• WORK ITEM: From the entries that follow, copy every line with the word "RoundTrip".
____
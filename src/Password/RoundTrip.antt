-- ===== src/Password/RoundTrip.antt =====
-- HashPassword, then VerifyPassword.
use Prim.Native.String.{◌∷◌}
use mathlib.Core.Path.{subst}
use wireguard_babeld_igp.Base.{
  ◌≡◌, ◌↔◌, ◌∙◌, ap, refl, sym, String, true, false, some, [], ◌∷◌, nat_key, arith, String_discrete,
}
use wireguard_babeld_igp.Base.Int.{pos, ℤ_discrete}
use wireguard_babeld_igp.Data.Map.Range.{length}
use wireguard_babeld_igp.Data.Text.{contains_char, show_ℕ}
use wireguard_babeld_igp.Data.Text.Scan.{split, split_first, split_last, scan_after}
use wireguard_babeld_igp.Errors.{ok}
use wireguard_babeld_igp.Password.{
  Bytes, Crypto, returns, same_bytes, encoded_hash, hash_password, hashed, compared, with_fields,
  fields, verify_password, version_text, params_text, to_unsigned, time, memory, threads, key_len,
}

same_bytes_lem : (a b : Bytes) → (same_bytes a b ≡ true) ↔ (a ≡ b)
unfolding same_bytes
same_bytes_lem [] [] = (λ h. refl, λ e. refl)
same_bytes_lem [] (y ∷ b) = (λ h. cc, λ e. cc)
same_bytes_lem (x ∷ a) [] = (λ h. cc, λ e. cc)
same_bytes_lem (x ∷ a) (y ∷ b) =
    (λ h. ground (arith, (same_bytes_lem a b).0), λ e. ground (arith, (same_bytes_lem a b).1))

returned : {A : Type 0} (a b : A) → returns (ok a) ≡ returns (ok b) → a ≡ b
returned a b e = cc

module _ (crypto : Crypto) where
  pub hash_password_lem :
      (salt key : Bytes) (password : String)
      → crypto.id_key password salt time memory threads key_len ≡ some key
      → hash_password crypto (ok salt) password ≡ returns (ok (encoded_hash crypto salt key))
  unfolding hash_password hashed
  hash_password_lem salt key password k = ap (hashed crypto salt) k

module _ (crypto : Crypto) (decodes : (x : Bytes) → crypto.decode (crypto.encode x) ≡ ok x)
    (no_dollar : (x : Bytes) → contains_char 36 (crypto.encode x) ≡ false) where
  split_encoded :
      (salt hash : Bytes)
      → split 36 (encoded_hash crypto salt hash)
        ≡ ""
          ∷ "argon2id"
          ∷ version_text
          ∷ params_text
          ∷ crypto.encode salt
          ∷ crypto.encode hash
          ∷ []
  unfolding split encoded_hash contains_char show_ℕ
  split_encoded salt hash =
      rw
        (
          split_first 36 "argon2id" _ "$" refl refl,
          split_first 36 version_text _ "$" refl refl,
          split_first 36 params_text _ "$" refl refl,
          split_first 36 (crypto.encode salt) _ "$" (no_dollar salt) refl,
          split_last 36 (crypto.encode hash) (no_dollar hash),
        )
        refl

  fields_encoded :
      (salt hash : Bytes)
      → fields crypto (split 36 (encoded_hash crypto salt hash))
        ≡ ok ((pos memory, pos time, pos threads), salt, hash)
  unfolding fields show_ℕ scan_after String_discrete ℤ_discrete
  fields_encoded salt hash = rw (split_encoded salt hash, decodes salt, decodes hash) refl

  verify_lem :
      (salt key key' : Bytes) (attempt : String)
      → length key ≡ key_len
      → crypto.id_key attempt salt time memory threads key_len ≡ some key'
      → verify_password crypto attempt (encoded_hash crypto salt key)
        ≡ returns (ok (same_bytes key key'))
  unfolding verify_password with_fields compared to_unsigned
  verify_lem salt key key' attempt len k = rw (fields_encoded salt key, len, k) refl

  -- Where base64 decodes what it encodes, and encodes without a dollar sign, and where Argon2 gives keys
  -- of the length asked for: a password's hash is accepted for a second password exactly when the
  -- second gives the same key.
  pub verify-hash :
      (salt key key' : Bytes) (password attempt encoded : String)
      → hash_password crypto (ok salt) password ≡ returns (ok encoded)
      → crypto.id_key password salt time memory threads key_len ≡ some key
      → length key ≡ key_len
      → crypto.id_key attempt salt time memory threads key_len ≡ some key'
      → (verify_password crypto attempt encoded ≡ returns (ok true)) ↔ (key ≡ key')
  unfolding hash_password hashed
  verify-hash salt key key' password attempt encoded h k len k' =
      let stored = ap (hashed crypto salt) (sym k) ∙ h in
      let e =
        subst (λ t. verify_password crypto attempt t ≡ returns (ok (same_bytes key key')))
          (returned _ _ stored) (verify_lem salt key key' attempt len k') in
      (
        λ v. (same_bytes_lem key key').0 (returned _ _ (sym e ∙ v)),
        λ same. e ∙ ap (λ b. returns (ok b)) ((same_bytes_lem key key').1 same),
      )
____
• WRITTEN SOLUTION:
filename src/Password/RoundTrip.antt
-- ===== src/Password/RoundTrip.antt =====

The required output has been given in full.